Thursday, September 17, 2009

Second steps in modulating the modulator

Here are two programs that show further development of the programs described in first steps in modulating the modulators. There we saw how to use an LFO to modulate the pitch of a carrier, and how to use another LFO at an even slower rate to modulate the amplitude of the modulator.

In this first example we modulate both the rate and the depth (the frequency and the amplitude) of the LFO that is modulating the pitch of the carrier oscillator.


Once again we use all triangle functions, and we use a central pitch of 60 (middle C).
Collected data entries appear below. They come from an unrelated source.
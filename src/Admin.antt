-- ===== src/Admin.antt =====
-- admin.go and operations.go: the management calls that migrations are made of, over the decoded
-- answers of the cluster. Package encoding/json is a parameter, and so is the outside world.
pub mod Polling
pub mod Waiting
use esodm.Prelude.{
  ℕ, zero, suc, Bool, true, false, not, ◌&&◌, ◌||◌, Option, none, some, List, [], ◌∷◌, Bytes, text,
  bytes_eq, is_empty, if◌then◌else◌, ℤ, pos, ltb_ℤ, ◌==◌,
}
use esodm.Error.{
  Err, Result, ok, err, sentinel, validation, unsupported, unacknowledged, partial_search, reject,
}
use esodm.Names.{Unicode, validate_name}

-- AliasAction; an absent write index is none.
pub record AliasAction : Type 0 where
  pub add : Bool
  pub index : Bytes
  pub alias : Bytes
  pub write_index : Option Bool

-- The answer of GET /_alias/NAME: to each index its aliases, to each alias its option keys.
abbrev pub AliasTable : Type 0
AliasTable = List (Bytes × List (Bytes × List Bytes))

-- The acknowledgement of a management request.
pub record Ack : Type 0 where
  pub acknowledged : Option Bool
  pub errors : Bool

-- The answer of a synchronous reindex, or of the task of an asynchronous one.
pub record Reindexed : Type 0 where
  pub total : Option ℤ
  pub created : Option ℤ
  pub version_conflicts : ℤ
  pub timed_out : Bool
  pub failures : ℕ

-- taskget.Response: the error type of a failed task, and the answer of a completed one.
pub record Task : Type 0 where
  pub completed : Bool
  pub error : Option Bytes
  pub response : Option (Result Reindexed)

-- The requests that want an acknowledgement, with their bodies.
pub data AdminRequest (Json : Type 0) : Type 0 where
  create_index_request : Bytes → Json → Option Json → AdminRequest Json
  delete_index_request : Bytes → AdminRequest Json
  aliases_request : List AliasAction → AdminRequest Json
  mapping_request : Bytes → Json → AdminRequest Json
  settings_request : Bytes → Json → AdminRequest Json

-- Client.Do and Client.DoTyped with decoded answers, the clock, and package encoding/json.
pub record Cluster : Type 1 where
  pub World : Type 0
  pub Json : Type 0
  -- the text of a document that is decoded and marshalled again; an absent one cannot be decoded
  pub canonical : Json → Option Bytes
  pub json_valid : Json → Bool
  pub unicode : Unicode
  pub get_alias : Bytes → World → Result AliasTable × World
  pub get_mapping : Bytes → World → Result (List (Bytes × Json)) × World
  pub post_refresh : Bytes → World → Result ℤ × World
  pub send : AdminRequest Json → World → Result Ack × World
  -- the count of an index and the failed shards
  pub get_count : Bytes → World → Result (ℤ × ℤ) × World
  -- an asynchronous reindex from one index to another, and a synchronous one
  pub submit_reindex : Bytes → Bytes → World → Result (Option Bytes) × World
  pub run_reindex : Bytes → Bytes → World → Result Reindexed × World
  pub get_task : Bytes → World → Result Task × World
  -- waitContext
  pub wait : ℤ → World → Option Err × World

-- A lookup in a decoded JSON object.
unfoldable pub find {ℓ} : {V : Type ℓ} → Bytes → List (Bytes × V) → Option V
find k [] = none
find k ((j, v) ∷ m) = if bytes_eq j k then some v else find k m

-- if out.Acknowledged == nil || !*out.Acknowledged || out.Errors
abbrev pub accepted : Ack → Bool
accepted a = elim a.acknowledged [ none ↦ false | some yes' ↦ yes' && not a.errors ]

-- Every option key of an alias is is_write_index.
unfoldable pub only_write_index : List Bytes → Bool
only_write_index [] = true
only_write_index (k ∷ ks) = bytes_eq k (text "is_write_index") && only_write_index ks

-- The test of the single index that an alias names.
unfoldable pub single_index : Bytes → AliasTable → Result Bytes
single_index alias ((index, aliases) ∷ []) = elim (find alias aliases) [
  | none ↦ err (sentinel validation)
  | some keys ↦ if only_write_index keys then ok index else err (sentinel unsupported)
]
single_index alias _ = err (sentinel validation)

-- The validation loop of Aliases.
unfoldable pub validate_actions : List AliasAction → Result (Unit {0})
validate_actions [] = ok tt
validate_actions (a ∷ rest) = elim (validate_name a.index) [
  | err e ↦ err e
  | ok _ ↦ elim (validate_name a.alias) [ err e ↦ err e | ok _ ↦ validate_actions rest ]
]

module _ (c : Cluster) where
  open c use {World, Json, canonical, get_alias, get_mapping, post_refresh, send, get_count}

  -- A call that may change the world.
  abbrev pub Io : Type 0 → Type 0
  Io A = World → Result A × World

  -- A call after a validation.
  abbrev pub checked : {A : Type 0} → Result (Unit {0}) → Io A → Io A
  checked (err e) m w = (err e, w)
  checked (ok _) m w = m w

  abbrev pub then_result : {A B : Type 0} → (A → Result B) → Result A × World → Result B × World
  then_result f (err e, w) = (err e, w)
  then_result f (ok a, w) = (f a, w)

  -- Admin.ack
  unfoldable pub ack : AdminRequest Json → Io (Unit {0})
  ack request w =
      then_result (λ a. if accepted a then ok tt else err (sentinel unacknowledged))
        (send request w)

  -- Admin.CreateIndex with a mapping and optional settings
  unfoldable pub create_index : Bytes → Json → Option Json → Io (Unit {0})
  create_index name mapping settings =
      checked (validate_name name) (ack (create_index_request name mapping settings))

  -- Admin.DeleteIndex, Admin.PutMapping, Admin.PutSettings
  unfoldable pub delete_index : Bytes → Io (Unit {0})
  delete_index name = checked (validate_name name) (ack (delete_index_request name))

  unfoldable pub put_mapping : Bytes → Json → Io (Unit {0})
  put_mapping index mapping = checked (validate_name index) (ack (mapping_request index mapping))

  unfoldable pub put_settings : Bytes → Json → Io (Unit {0})
  put_settings index settings =
      checked (validate_name index) (ack (settings_request index settings))

  -- Admin.Mapping and the decoding of its answer
  unfoldable pub mapping : Bytes → Io (List (Bytes × Json))
  mapping index = checked (validate_name index) (get_mapping index)

  -- Admin.Refresh
  unfoldable pub refresh : Bytes → Io (Unit {0})
  refresh index = checked (validate_name index) (λ w.
      then_result
        (λ failed. if ltb_ℤ (pos 0) failed then err (partial_search false failed) else ok tt)
        (post_refresh index w))

  -- Admin.Aliases
  unfoldable pub aliases : List AliasAction → Io (Unit {0})
  aliases [] w = (err (sentinel validation), w)
  aliases (a ∷ rest) w = checked (validate_actions (a ∷ rest)) (ack (aliases_request (a ∷ rest))) w

  -- Admin.resolveAlias
  unfoldable pub resolve_alias : Bytes → Io Bytes
  resolve_alias alias w = then_result (single_index alias) (get_alias alias w)

  abbrev pub same_text : Option Bytes → Option Bytes → Bool
  same_text (some a) (some b) = bytes_eq a b
  same_text _ _ = false

  -- jsonEqual
  unfoldable pub json_equal : Json → Json → Bool
  json_equal a b = same_text (canonical a) (canonical b)

  -- jsonEqual(response[index].Mappings, want); an absent mapping equals nothing.
  abbrev pub same_mapping : Option Json → Json → Bool
  same_mapping none want = false
  same_mapping (some m) want = json_equal m want
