-- ===== src/Decimal.antt =====
-- The decimal numbers that package strconv reads and prints, as client.go and finder.go use them.
pub mod RoundTrip
use esodm.Prelude.{
  ℕ, zero, suc, ◌+◌, ◌-◌, ◌*◌, ◌/◌, ◌%◌, ◌^◌, Bool, true, false, ◌&&◌, Option, none, some, List, [],
  ◌∷◌, ◌++◌, Bytes, ltb, leb, ◌==◌, if◌then◌else◌, ℤ, pos, negsuc, sub_ℕ,
}

abbrev pub is_digit : ℕ → Bool
is_digit c = leb 48 c && leb c 57

-- The digits that are left, after a number read so far.
unfoldable pub digits_value : ℕ → Bytes → Option ℕ
digits_value n [] = some n
digits_value n (c ∷ s) =
    let rest = digits_value (n * 10 + (c - 48)) s in if is_digit c then rest else none

-- A nonempty run of digits.
unfoldable pub unsigned : Bytes → Option ℕ
unfolding digits_value
unsigned [] = none
unsigned (c ∷ s) = digits_value 0 (c ∷ s)

-- The range of a 64-bit int.
abbrev pub signed : Bool → Option ℕ → Option ℤ
signed neg none = none
signed false (some n) = if ltb n (2 ^ 63) then some (pos n) else none
signed true (some n) = if leb n (2 ^ 63) then some (sub_ℕ 0 n) else none

-- strconv.Atoi; `none` is its error.
unfoldable pub atoi : Bytes → Option ℤ
unfolding unsigned
atoi [] = none
atoi (c ∷ s) =
    if c == b'-'
    then signed true (unsigned s)
    else if c == b'+'
    then signed false (unsigned s)
    else signed false (unsigned (c ∷ s))

-- The digits of n; the fuel bounds their number.
unfoldable pub decimal_fuel : ℕ → ℕ → Bytes
decimal_fuel zero n = []
decimal_fuel (suc f) n =
    let high = decimal_fuel f (n / 10) in
    if ltb n 10 then (48 + n) ∷ [] else high ++ (48 + n % 10) ∷ []

-- A number has fewer digits than suc n.
unfoldable pub decimal : ℕ → Bytes
unfolding decimal_fuel
decimal n = decimal_fuel (suc n) n

-- %d, strconv.Itoa
unfoldable pub itoa : ℤ → Bytes
itoa (pos n) = decimal n
itoa (negsuc n) = b'-' ∷ decimal (suc n)
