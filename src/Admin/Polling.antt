-- ===== src/Admin/Polling.antt =====
-- operations.go: WaitTask, a loop that polls a task until it has completed.
use esodm.Prelude.{
  ℕ, zero, suc, Bool, true, false, Option, none, some, ℤ, pos, ltb_ℤ, Bytes, is_empty, [], ◌∷◌, ltb,
  leb, ◌==◌, ◌&&◌, ◌||◌, not, ◌^◌, if◌then◌else◌,
}
use esodm.Error.{Err, Result, ok, err, api, sentinel, validation, reject}
use esodm.Admin.{Cluster, Task, checked}
use esodm.Decimal.{unsigned}

-- A letter, a digit, an underscore or a hyphen.
abbrev node_byte : ℕ → Bool
node_byte c =
    (leb 97 c && leb c 122)
    || (leb 65 c && leb c 90)
    || (leb 48 c && leb c 57)
    || (c == 95)
    || (c == 45)

abbrev longer : ℕ → Option (Bytes × Bytes) → Option (Bytes × Bytes)
longer c none = none
longer c (some (node, rest)) = some (c ∷ node, rest)

abbrev all : (ℕ → Bool) → Bytes → Bool
all p [] = true
all p (c ∷ s) = p c && all p s

-- strings.Cut(id, ":"), where a separator stands.
unfoldable pub cut : ℕ → Bytes → Option (Bytes × Bytes)
cut sep [] = none
cut sep (c ∷ s) = let rest = cut sep s in if c == sep then some ([], s) else longer c rest

-- The error of strconv.ParseUint with 64 bits.
abbrev fits : Option ℕ → Bool
fits none = false
fits (some n) = ltb n (2 ^ 64)

abbrev checked_parts : Option (Bytes × Bytes) → Result (Unit {0})
checked_parts none = err (sentinel validation)
checked_parts (some (node, number)) =
    reject (is_empty node || not (all node_byte node) || not (fits (unsigned number))) validation

-- validateTaskID
unfoldable pub validate_task_id : Bytes → Result (Unit {0})
validate_task_id id = checked_parts (cut b':' id)

-- What a poll decides: the answer of WaitTask, or another round.
pub data Poll (W : Type 0) : Type 0 where
  done : Result Task → W → Poll W
  more : W → Poll W

-- The error of a completed task.
abbrev pub task_result : Task → Result Task
task_result t = elim t.error [
  | none ↦ ok t
  | some type ↦ err (api (record { status = 500; type = type; reason = [] }))
]

module _ (c : Cluster) where
  open c use {World, get_task, wait}

  abbrev pub after_wait : Option Err × World → Poll World
  after_wait (none, w) = more w
  after_wait (some e, w) = done (err e) w

  -- The body of the loop.
  abbrev pub read_task : ℤ → Result Task × World → Poll World
  read_task interval (err e, w) = done (err e) w
  read_task interval (ok t, w) =
      if t.completed then done (task_result t) w else after_wait (wait interval w)

  -- Admin.Task
  abbrev pub task : Bytes → World → Result Task × World
  task id w = checked c (validate_task_id id) (get_task id) w

  unfoldable pub poll : Bytes → ℤ → World → Poll World
  poll id interval w = read_task interval (task id w)

  -- The loop. The cluster decides how long a task runs, so the fuel is the number of polls; `none`
  -- means that the task is still running after them.
  unfoldable pub polls : ℕ → Bytes → ℤ → World → Option (Result Task × World)
  polls zero id interval w = none
  polls (suc n) id interval w = elim (poll id interval w) [
    | done r w' ↦ some (r, w')
    | more w' ↦ polls n id interval w'
  ]

  -- Admin.WaitTask
  unfoldable pub wait_task : ℕ → Bytes → ℤ → World → Option (Result Task × World)
  wait_task n id interval w =
      if ltb_ℤ (pos 0) interval then polls n id interval w else some (err (sentinel validation), w)
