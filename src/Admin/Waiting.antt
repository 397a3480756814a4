-- ===== src/Admin/Waiting.antt =====
-- operations.go: what WaitTask returns, by the answers of the cluster.
use mathlib.Core.Path.{subst}
use esodm.Prelude.{
  ◌↔◌, sym, ap, inl, inr, Bool-cases, ℕ, zero, suc, ◌<◌, ◌≡◌, refl, true, false, Option, none, some,
  ℤ, pos, ltb_ℤ, Bytes, [], if◌then◌else◌, arith,
}
use esodm.Error.{Err, Result, ok, err, api, sentinel, validation, Result-cases}
use esodm.Admin.{Cluster, Task, checked}
use esodm.Admin.Polling.{
  validate_task_id, Poll, done, more, task_result, after_wait, read_task, poll, polls, wait_task,
}

module _ (c : Cluster) where
  open c use {World, get_task, wait}

  -- What WaitTask may do, by the answers of the cluster: the result, the last world and the number
  -- of polls that find the task running, from a world.
  pub data Waits (id : Bytes) (interval : ℤ) (r : Result Task) (w' : World)
      : ℕ → World → Type 0 where
    failed :
        {w : World} (e : Err) → get_task id w ≡ (err e, w') → r ≡ err e → Waits id interval r w' 0 w
    succeeded :
        {w : World} (t : Task)
        → get_task id w ≡ (ok t, w')
        → t.completed ≡ true
        → t.error ≡ none
        → r ≡ ok t
        → Waits id interval r w' 0 w
    task_failed :
        {w : World} (t : Task) (type : Bytes)
        → get_task id w ≡ (ok t, w')
        → t.completed ≡ true
        → t.error ≡ some type
        → r ≡ err (api (record { status = 500; type = type; reason = [] }))
        → Waits id interval r w' 0 w
    interrupted :
        {w : World} (t : Task) (u : World) (e : Err)
        → get_task id w ≡ (ok t, u)
        → t.completed ≡ false
        → wait interval u ≡ (some e, w')
        → r ≡ err e
        → Waits id interval r w' 0 w
    still_running :
        {k : ℕ} {w : World} (t : Task) (u v : World)
        → get_task id w ≡ (ok t, u)
        → t.completed ≡ false
        → wait interval u ≡ (none, v)
        → Waits id interval r w' k v
        → Waits id interval r w' (suc k) w

  -- A round of the loop for an accepted task.
  abbrev after : ℕ → Bytes → ℤ → Poll World → Option (Result Task × World)
  after n id interval p = elim p [ done r w' ↦ some (r, w') | more w' ↦ polls c n id interval w' ]

  polls-suc :
      (n : ℕ) (id : Bytes) (interval : ℤ) (w : World)
      → validate_task_id id ≡ ok tt
      → polls c (suc n) id interval w ≡ after n id interval (read_task c interval (get_task id w))
  unfolding polls poll
  polls-suc n id interval w h =
      ap (λ v. after n id interval (read_task c interval (checked c v (get_task id) w))) h

  completed-done :
      (t : Task) (interval : ℤ) (w : World)
      → t.completed ≡ true
      → read_task c interval (ok t, w) ≡ done (task_result t) w
  completed-done t interval w h =
      ap (λ b. if b then done (task_result t) w else after_wait c (wait interval w)) h

  running-wait :
      (t : Task) (interval : ℤ) (w : World)
      → t.completed ≡ false
      → read_task c interval (ok t, w) ≡ after_wait c (wait interval w)
  running-wait t interval w h =
      ap (λ b. if b then done (task_result t) w else after_wait c (wait interval w)) h

  result_of : Task → Option Bytes → Result Task
  result_of t type = elim type [
    | none ↦ ok t
    | some type' ↦ err (api (record { status = 500; type = type'; reason = [] }))
  ]

  task_result-error :
      (t : Task) (type : Option Bytes) → t.error ≡ type → task_result t ≡ result_of t type
  unfolding result_of
  task_result-error t type h = ap (result_of t) h

  polls_enough :
      (n k : ℕ) (id : Bytes) (interval : ℤ) (r : Result Task) (w' w : World)
      → validate_task_id id ≡ ok tt
      → Waits id interval r w' k w
      → k < n
      → polls c n id interval w ≡ some (r, w')
  unfolding result_of
  polls_enough zero k id interval r w' w g e h = elim h [ ]
  polls_enough (suc n) k id interval r w' w g (failed e a b) h =
      rw (polls-suc n id interval w g, a, b) refl
  polls_enough (suc n) k id interval r w' w g (succeeded t a b d e) h =
      rw
        (
          polls-suc n id interval w g,
          a,
          completed-done t interval w' b,
          task_result-error t none d,
          e,
        )
        refl
  polls_enough (suc n) k id interval r w' w g (task_failed t type a b d e) h =
      rw
        (
          polls-suc n id interval w g,
          a,
          completed-done t interval w' b,
          task_result-error t (some type) d,
          e,
        )
        refl
  polls_enough (suc n) k id interval r w' w g (interrupted t u e a b d f) h =
      rw (polls-suc n id interval w g, a, running-wait t interval u b, d, f) refl
  polls_enough (suc n) k id interval r w' w g (still_running {k = j} t u v a b d f) h =
      rw (polls-suc n id interval w g, a, running-wait t interval u b, d)
        (polls_enough n j id interval r w' v g f (omega arith))

  same_result :
      (r r' : Result Task) (u u' : World)
      → ◌≡◌ {A = Option (Result Task × World)} (some (r, u)) (some (r', u'))
      → r' ≡ r
  same_result r r' u u' q = cc

  same_world :
      (r r' : Result Task) (u u' : World)
      → ◌≡◌ {A = Option (Result Task × World)} (some (r, u)) (some (r', u'))
      → u ≡ u'
  same_world r r' u u' q = cc

  -- An answer of the loop comes from the answers of the cluster.
  abbrev Found : ℕ → Bytes → ℤ → Result Task → World → World → Type 0
  Found n id interval r w' w = (k : ℕ) × (k < n) × Waits id interval r w' k w

  Found-later :
      (n : ℕ) (id : Bytes) (interval : ℤ) (r : Result Task) (w' w : World) (t : Task) (u v : World)
      → get_task id w ≡ (ok t, u)
      → t.completed ≡ false
      → wait interval u ≡ (none, v)
      → Found n id interval r w' v
      → Found (suc n) id interval r w' w
  Found-later n id interval r w' w t u v a b d q =
      (suc (q.0), omega (arith, q.1), still_running t u v a b d (q.2))

  completed-Waits :
      (id : Bytes) (interval : ℤ) (r : Result Task) (w' w : World) (t : Task) (type : Option Bytes)
      → get_task id w ≡ (ok t, w')
      → t.completed ≡ true
      → t.error ≡ type
      → task_result t ≡ r
      → Waits id interval r w' 0 w
  unfolding result_of
  completed-Waits id interval r w' w t none a b d e =
      succeeded t a b d (sym (rw (task_result-error t none d) at e))
  completed-Waits id interval r w' w t (some type) a b d e =
      task_failed t type a b d (sym (rw (task_result-error t (some type) d) at e))

  polls-Waits :
      (n : ℕ) (id : Bytes) (interval : ℤ) (r : Result Task) (w' w : World)
      → validate_task_id id ≡ ok tt
      → polls c n id interval w ≡ some (r, w')
      → Found n id interval r w' w
  unfolding polls
  polls-Waits zero id interval r w' w g h = absurd (never h)
    where
      never : ◌≡◌ {A = Option (Result Task × World)} none (some (r, w')) → ⊥
      never q = cc
  polls-Waits (suc n) id interval r w' w g h =
      by_answer (get_task id w) refl (rw (polls-suc n id interval w g) at h)
        (λ v k. polls-Waits n id interval r w' v g k)
    where
      by_wait :
          (t : Task) (u : World) (x : Option Err × World)
          → get_task id w ≡ (ok t, u)
          → t.completed ≡ false
          → wait interval u ≡ x
          → after n id interval (after_wait c x) ≡ some (r, w')
          → ((v : World) → polls c n id interval v ≡ some (r, w') → Found n id interval r w' v)
          → Found (suc n) id interval r w' w
      by_wait t u (some e, v) a b d h rec = (
        0,
        omega arith,
        interrupted t u e a b
            (subst (λ y. wait interval u ≡ (some e, y)) (same_world (err e) r v w' h) d)
            (same_result (err e) r v w' h),
      )
      by_wait t u (none, v) a b d h rec = Found-later n id interval r w' w t u v a b d (rec v h)

      by_answer :
          (x : Result Task × World)
          → get_task id w ≡ x
          → after n id interval (read_task c interval x) ≡ some (r, w')
          → ((v : World) → polls c n id interval v ≡ some (r, w') → Found n id interval r w' v)
          → Found (suc n) id interval r w' w
      by_answer (err e, v) a h rec = (
        0,
        omega arith,
        failed e (subst (λ y. get_task id w ≡ (err e, y)) (same_world (err e) r v w' h) a)
            (same_result (err e) r v w' h),
      )
      by_answer (ok t, u) a h rec = elim (Bool-cases t.completed) [
        | inl b ↦
            let k = rw (completed-done t interval u b) at h in
            (
              0,
              omega arith,
              completed-Waits id interval r w' w t t.error
                  (subst (λ y. get_task id w ≡ (ok t, y)) (same_world (task_result t) r u w' k) a) b
                  refl (sym (same_result (task_result t) r u w' k)),
            )
        | inr b ↦ by_wait t u (wait interval u) a b refl (rw (running-wait t interval u b) at h) rec
      ]

  -- The ways in which WaitTask returns within a number of polls that is not zero.
  pub data Returns (n : ℕ) (id : Bytes) (interval : ℤ) (r : Result Task) (w' w : World)
      : Type 0 where
    not_positive :
        ltb_ℤ (pos 0) interval ≡ false
        → r ≡ err (sentinel validation)
        → w' ≡ w
        → Returns n id interval r w' w
    malformed :
        (e : Err)
        → ltb_ℤ (pos 0) interval ≡ true
        → validate_task_id id ≡ err e
        → r ≡ err e
        → w' ≡ w
        → Returns n id interval r w' w
    waited :
        (k : ℕ)
        → ltb_ℤ (pos 0) interval ≡ true
        → validate_task_id id ≡ ok tt
        → k < n
        → Waits id interval r w' k w
        → Returns n id interval r w' w

  polls-malformed :
      (n : ℕ) (id : Bytes) (interval : ℤ) (w : World) (e : Err)
      → validate_task_id id ≡ err e
      → polls c (suc n) id interval w ≡ some (err e, w)
  unfolding polls poll
  polls-malformed n id interval w e h =
      ap (λ v. after n id interval (read_task c interval (checked c v (get_task id) w))) h

  -- WaitTask returns a result within n + 1 polls exactly when the interval is not positive or the
  -- task ID malformed, and then the result is the error and nothing is sent, or when, after at most
  -- n answers of a task that is running, each followed by a wait without an error, the cluster
  -- answers with an error, which is returned, with a completed task, which is returned if it has no
  -- error and otherwise as an error of the type that the task has, or the wait is interrupted,
  -- whose error is returned.
  pub wait_task-Returns :
      (n : ℕ) (id : Bytes) (interval : ℤ) (r : Result Task) (w' w : World)
      → (wait_task c (suc n) id interval w ≡ some (r, w')) ↔ Returns (suc n) id interval r w' w
  unfolding wait_task
  wait_task-Returns n id interval r w' w = (only, conversely)
    where
      only :
          (if ltb_ℤ (pos 0) interval
              then polls c (suc n) id interval w
              else some (err (sentinel validation), w))
            ≡ some (r, w')
          → Returns (suc n) id interval r w' w
      only h = elim (Bool-cases (ltb_ℤ (pos 0) interval)) [
        | inl b ↦ elim (Result-cases (validate_task_id id)) [
          | inl (e, v) ↦
              let k = rw (b, polls-malformed n id interval w e v) at h in
              malformed e b v (same_result (err e) r w w' k) (sym (same_world (err e) r w w' k))
          | inr (tt, v) ↦
              let q = polls-Waits (suc n) id interval r w' w v (rw b at h) in
              waited (q.0) b v (q.1) (q.2)
        ]
        | inr b ↦
            let k = rw b at h in
            not_positive b (same_result (err (sentinel validation)) r w w' k)
              (sym (same_world (err (sentinel validation)) r w w' k))
      ]

      conversely :
          Returns (suc n) id interval r w' w
          → (if ltb_ℤ (pos 0) interval
              then polls c (suc n) id interval w
              else some (err (sentinel validation), w))
            ≡ some (r, w')
      conversely (not_positive b p q) = rw (b, p, q) refl
      conversely (malformed e b v p q) = rw (b, polls-malformed n id interval w e v, p, q) refl
      conversely (waited k b v h q) = rw b (polls_enough (suc n) k id interval r w' w v q h)
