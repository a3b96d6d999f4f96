-- ===== src/DiscKey/Tests.antt =====
-- The player keys on a block.
use libdvdcss.Common.{ℕ, ◌≡◌, true, false, ◌⊎◌, List, replicate}
use libdvdcss.Keys.{zero_key}
use libdvdcss.DiscKey.{player_keys, decrypt_disc_key}
use libdvdcss.DiscKey.Laws.{Found, NoneOpens, decrypt_disc_key_lem}

abbrev block : List ℕ
block = replicate 2048 0x5a

decrypt_disc_key_lem_example :
    let (success, disc_key) = decrypt_disc_key block in
    ((success ≡ true) × Found block player_keys disc_key)
    ⊎ ((success ≡ false) × (disc_key ≡ zero_key) × NoneOpens block player_keys)
decrypt_disc_key_lem_example = decrypt_disc_key_lem block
The depth of pitch modulation -- plus or minus a certain number of semitones -- changes continuously, determined by the instantaneous value of a very-low-frequency oscillator with a peak amplitude of 12. Therefore, the depth will be as great as + or - 12 semitones, or as little as 0. The rate of the modulation varies from 1 Hz to 15 Hz, controlled by very-low-frequency oscillator that has a peak amplitude of 7 and an offset of 8 (so it varies up to + or - 7 Hz around its central rate of 8 Hz). Because these two control functions have different periodicities, the effect is continually changing, repeating exactly every 60 seconds.

In the next example we add one more modulator to continually change the central pitch, varying it up to + and - 30 semitones around a center of 66.


The central pitch will slowly, over the course of 50 seconds, rise from 66 to 96, fall to 36, then rise again to 66. The actual moment-to-moment pitch will oscillate up to 12 semitones around that, so the true pitch at any given instant could be as low as 24 or as high as 108, roughly the range of a piano. Since all three of these control functions have different periodicities -- 20, 30, and 50 seconds -- the entire cycle only repeats exactly every 5 minutes.

It's worth noting that as we combine different long cyclic phenomena with different periodicities -- in this case 20, 30, and 50 seconds -- the result of their combination varies continuously over a longer period that's equal to the product of the prime factors of the periods -- in this case 2 times 2 times 3 times 5 times 5 = 300 seconds. The effect is one of something that remains the same -- after all, it's the same three cycles repeating precisely over and over -- yet always seems slightly different because the juxtaposition and relationship of the cycles is always changing. This phenomenon is an essential component of much "minimal" or "phase" music.